Editorials

Editorial: Bethel students crush themselves

Advising Day is a symbol for how Bethel and its students fill up their lives with too much stuff.

Editor’s note: The Clarion’s editorial board is an eight-person team of people who are passionate about the institution of journalism. While The Clarion strives to ensure that its reporting is objective, the editorial board facilitates a way for The Clarion to take stances on topics that matter to the Bethel community. The editorial board meets every other Tuesday. 

Advising Day is a symbol for how Bethel and its students fill up their lives with too much stuff.

By the Editorial Board

Preparations for Project Ex began at 9:15 a.m. Oct. 25 for senior Holly Bjelland. Everything needed to be in order before the first session at 9:30. Then she had to choose between a breakout or two panel discussions. Another speaker session was offered after that, but she had committed to joining the Bethel Board of Trustees for lunch. When 12:30 rolled around, Bjelland helped set up for the Job and Internship Fair, where she had to work until 2 p.m. After that, she worked an hour in the Campus Store, then met with her mentor, and attended other meetings until 6:30. At 7, she dug into her night class homework until she went to bed at 11 p.m.

Oct. 25 was Advising Day at Bethel. A day for students to meet with their advisers, prepare for upcoming registration and quite frankly, take a break from classes and the stress that being a college student brings.

Instead, it’s common for Bethel administrators, professors, Student Life and club leaders – and students themselves – fill that time with so much programming that much of the focus on advising – on next semester schedules, four-year plans and hopes and dreams – is lost. Students with similar situations to Holly, were unable to meet with their advisers because of work, meetings and commitments to campus organizations. Worse, advisers’ time may be constrained as well, often by departmental or committee meetings, meaning students must attempt to work around two busy schedules in order to get appointments with their advisers.

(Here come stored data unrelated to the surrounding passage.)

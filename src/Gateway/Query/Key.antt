-- ===== src/Gateway/Query/Key.antt =====
-- buildCacheKey of observe-gateway/internal/server/server.go. The text of a time is a parameter.
use x_scope_hub_svc_plus.Prelude.{
  ℕ, Option, none, some, List, [], ◌∷◌, ◌++◌, is_empty, if◌then◌else◌,
}
use x_scope_hub_svc_plus.Prelude.Text.{Text, codes, to_lower, join}
use x_scope_hub_svc_plus.Gateway.Query.{Request}

module _ (format_time : ℕ → Text) where
  unfoldable pub time_part : Option ℕ → List Text
  time_part none = []
  time_part (some t) = format_time t ∷ []

  -- The parts that a key has only sometimes.
  unfoldable pub extras : Request → List Text
  unfolding time_part
  extras r =
      time_part r.start
      ++ time_part r.end
      ++ (if is_empty r.step then [] else r.step ∷ [])
      ++ (if r.normalize then codes "normalize=true" ∷ [] else [])

  unfoldable pub build_cache_key : Request → Text → Text
  unfolding extras join to_lower
  build_cache_key r tenant =
      join (codes "|") (to_lower r.lang ∷ r.query ∷ r.template ∷ tenant ∷ extras r)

Holly’s situation may be extreme, but to some a relatable reality. Regardless all students feel the busyness, and Advising Day isn’t the only exception. Business students spend days jumping from senate meetings, to track meets, finishing with a night class and sneaking in TA grading in between. Nursing students are running from required volunteer hours and night clinical, only to come back to their dorm to study for weekly Friday tests. Theatre students are juggling class, choir and nightly three hour rehearsals for the upcoming play.

What is it about Bethel students that causes this sense of over-commitment? Is it our Christian nature to never say no? Is it because majority of our undergraduate population were student body presidents in high school? If you look at other schools, it’s not typical to see a student writing for poetry club while taking 18 credits and working an on-campus job four times a week.

This over-programming hurts in more way than one. Students and faculty alike. Yes, it is a choice for students to sign up for some of these commitments, but Bethel needs a break. Once a week – or perhaps even bi-weekly – where students don’t have to go to anything, do anything or be anything. A day of Sabbath if you will. A day of rest. It could take something as simple as honoring Advising Day. If Oct. 25 were left clear for advising and a different day were set aside for other events, students and advisers would be able to give each the attention that it deserves – and perhaps have a few moments to breathe.